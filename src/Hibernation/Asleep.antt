-- ===== src/Hibernation/Asleep.antt =====
-- What the loop of `Hibernate` does to a group, whatever the other groups are.
use katalyst.Prelude.{
  ℕ, ◌+◌, ◌≤◌, ◌<◌, String, ◌≡◌, refl, sym, ap, ◌∙◌, subst, inl, inr, true, false, none, some, List,
  [], ◌∷◌, arith, str_eq, eq_iff, ltb, if◌then◌else◌, Bool-cases, any,
}
use katalyst.Prelude.GoMap.{GoMap, lookup, HasKeysOnce}
use katalyst.Hibernation.{NodeGroup, Cloud, Progress, hibernate_group, is_excluded, hibernate_all}
use katalyst.Hibernation.Reliable.{
  IsReliable, listing, HasSizesOf, Untouched, hibernate_group-others, hibernate_group-own,
}

module _ {C : Type 0} (desired minimum : String → C → ℕ) where
  module _ (cloud : Cloud C) (registry : GoMap String)
      (ok : IsReliable desired minimum cloud registry) where
    Untouched-refl :
        (k : String) (p : Progress cloud) → Untouched desired minimum cloud registry ok k p p
    unfolding Untouched HasSizesOf
    Untouched-refl k p = (refl, refl, (refl, refl), omega arith)

    Untouched-trans :
        (k : String) (p q r : Progress cloud)
        → Untouched desired minimum cloud registry ok k p q
        → Untouched desired minimum cloud registry ok k q r
        → Untouched desired minimum cloud registry ok k p r
    unfolding Untouched HasSizesOf
    Untouched-trans k p q r (a, b, (c, d), e) (a', b', (c', d'), e') =
        (a ∙ a', b ∙ b', (c ∙ c', d ∙ d'), omega arith)

    -- One round of the loop.
    abbrev pub visit : List String → NodeGroup → Progress cloud → Progress cloud
    visit exclude g p = if is_excluded cloud exclude g then p else hibernate_group cloud g p

    visit-others :
        (exclude : List String) (g : NodeGroup) (p : Progress cloud) (k : String)
        → str_eq g.id k ≡ false
        → Untouched desired minimum cloud registry ok k (visit exclude g p) p
    unfolding Untouched HasSizesOf
    visit-others exclude g p k h = elim (Bool-cases (is_excluded cloud exclude g)) [
      | inl y ↦ rw y (refl, refl, (refl, refl), omega arith)
      | inr n ↦ rw n (hibernate_group-others desired minimum cloud registry ok g p k h)
    ]

    pub hibernate_all-others :
        (exclude : List String) (k : String) (rows : GoMap String) (start : C) (p : Progress cloud)
        → lookup k rows ≡ none
        → Untouched desired minimum cloud registry ok k
            (hibernate_all cloud exclude (listing desired minimum rows start) p)
            p
    unfolding hibernate_all listing lookup
    hibernate_all-others exclude k [] start p h = Untouched-refl k p
    hibernate_all-others exclude k ((i, n) ∷ rows) start p h =
        let g : NodeGroup = record {
          id = i;
          name = n;
          desired_count = desired i start;
          min_count = minimum i start;
        } in
        elim (Bool-cases (str_eq i k)) [
          | inl y ↦ let e : some n ≡ none = sym (rw y) ∙ h in cc
          | inr other ↦
              let deeper : lookup k rows ≡ none = sym (rw other) ∙ h in
              Untouched-trans k _ (visit exclude g p) p
                (hibernate_all-others exclude k rows start (visit exclude g p) deeper)
                (visit-others exclude g p k other)
        ]

    -- What is saved of a group that sleeps, and its sizes.
    unfoldable pub IsAsleep : String → C → Progress cloud → Type 0
    IsAsleep k start q =
        (lookup k q.desired ≡ some (desired k start))
        × (lookup k q.mins ≡ some (minimum k start))
        × (desired k q.at ≡ 1)
        × (minimum k q.at ≡ (if ltb 1 (minimum k start) then 1 else minimum k start))

    IsAsleep-Untouched :
        (k : String) (start : C) (p q : Progress cloud)
        → IsAsleep k start p
        → Untouched desired minimum cloud registry ok k q p
        → IsAsleep k start q × (p.count ≤ q.count)
    unfolding IsAsleep Untouched HasSizesOf
    IsAsleep-Untouched k start p q (a, b, c, d) (a', b', (c', d'), e) =
        ((a' ∙ a, b' ∙ b, c' ∙ c, d' ∙ d), e)

    visit-own :
        (exclude : List String) (i n : String) (start : C) (p : Progress cloud)
        → any (λ e. str_eq e n) exclude ≡ false
        → (known : String) → lookup i registry ≡ some known
        → 0 < ok.maximum i
        → minimum i p.at ≡ minimum i start
        → let q =
            visit exclude
              (record {
                id = i;
                name = n;
                desired_count = desired i start;
                min_count = minimum i start;
              })
              p in
          IsAsleep i start q × (q.count ≡ p.count + 1)
    unfolding IsAsleep
    visit-own exclude i n start p included known there room same = rw included (
        let (a, b, c, d, e) =
          hibernate_group-own desired minimum cloud registry ok
            (record {
              id = i;
              name = n;
              desired_count = desired i start;
              min_count = minimum i start;
            })
            p known there room same in
        ((a, b, c, d), e))

    pub hibernate_all-own :
        (exclude : List String) (k name : String) (rows : GoMap String) (start : C)
        (p : Progress cloud)
        → HasKeysOnce rows
        → lookup k rows ≡ some name
        → any (λ e. str_eq e name) exclude ≡ false
        → (known : String) → lookup k registry ≡ some known
        → 0 < ok.maximum k
        → minimum k p.at ≡ minimum k start
        → let q = hibernate_all cloud exclude (listing desired minimum rows start) p in
          IsAsleep k start q × (p.count < q.count)
    unfolding hibernate_all listing lookup Untouched HasSizesOf
    hibernate_all-own exclude k name [] start p once h included known there room same =
        let no_group : none ≡ some name = h in cc
    hibernate_all-own exclude k name ((i, n) ∷ rows) start p (fresh, once) h included known there
          room same =
        let g : NodeGroup = record {
          id = i;
          name = n;
          desired_count = desired i start;
          min_count = minimum i start;
        } in
        elim (Bool-cases (str_eq i k)) [
          | inr other ↦
              let (u, v, (w, least), more) = visit-others exclude g p k other in
              let (asleep, count) =
                hibernate_all-own exclude k name rows start (visit exclude g p) once
                  (sym (rw other) ∙ h) included known there room (least ∙ same) in
              (asleep, omega arith)
          | inl y ↦
              let e : i ≡ k = (eq_iff i k).0 y in
              let found : some n ≡ some name = sym (rw y) ∙ h in
              let named : n ≡ name = cc in
              let (asleep, count) =
                visit-own exclude i n start p
                  (ap (λ x. any (λ z. str_eq z x) exclude) named ∙ included) known
                  (ap (λ x. lookup x registry) e ∙ there)
                  (subst (λ x. 0 < ok.maximum x) (sym e) room)
                  (ap (λ x. minimum x p.at) e ∙ same ∙ ap (λ x. minimum x start) (sym e)) in
              let later : Untouched desired minimum cloud registry ok k _ _ =
                hibernate_all-others exclude k rows start (visit exclude g p)
                  (subst (λ x. lookup x rows ≡ none) e fresh) in
              let (still, kept) =
                IsAsleep-Untouched k start (visit exclude g p) _
                  (subst (λ x. IsAsleep x start (visit exclude g p)) e asleep) later in
              (still, omega arith)
        ]

    pub hibernate_all-excluded :
        (exclude : List String) (k name : String) (rows : GoMap String) (start : C)
        (p : Progress cloud)
        → HasKeysOnce rows
        → lookup k rows ≡ some name
        → any (λ e. str_eq e name) exclude ≡ true
        → Untouched desired minimum cloud registry ok k
            (hibernate_all cloud exclude (listing desired minimum rows start) p)
            p
    unfolding hibernate_all listing lookup
    hibernate_all-excluded exclude k name [] start p once h out =
        let no_group : none ≡ some name = h in cc
    hibernate_all-excluded exclude k name ((i, n) ∷ rows) start p (fresh, once) h out =
        let g : NodeGroup = record {
          id = i;
          name = n;
          desired_count = desired i start;
          min_count = minimum i start;
        } in
        elim (Bool-cases (str_eq i k)) [
          | inr other ↦
              Untouched-trans k _ (visit exclude g p) p
                (hibernate_all-excluded exclude k name rows start (visit exclude g p) once
                  (sym (rw other) ∙ h) out)
                (visit-others exclude g p k other)
          | inl y ↦
              let found : some n ≡ some name = sym (rw y) ∙ h in
              let named : n ≡ name = cc in
              let skipped : any (λ z. str_eq z n) exclude ≡ true =
                ap (λ x. any (λ z. str_eq z x) exclude) named ∙ out in
              let idle : p ≡ visit exclude g p = rw skipped in
              Untouched-trans k _ (visit exclude g p) p
                (hibernate_all-others exclude k rows start (visit exclude g p)
                  (subst (λ x. lookup x rows ≡ none) ((eq_iff i k).0 y) fresh))
                (subst (λ q. Untouched desired minimum cloud registry ok k q p) idle
                  (Untouched-refl k p))
        ]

═══

#### What you have to do:
Every line of the listing that includes the word "omega" forms the answer.

#### Result:
    Untouched-refl k p = (refl, refl, (refl, refl), omega arith)
        (a ∙ a', b ∙ b', (c ∙ c', d ∙ d'), omega arith)
      | inl y ↦ rw y (refl, refl, (refl, refl), omega arith)
              (asleep, omega arith)
              (still, omega arith)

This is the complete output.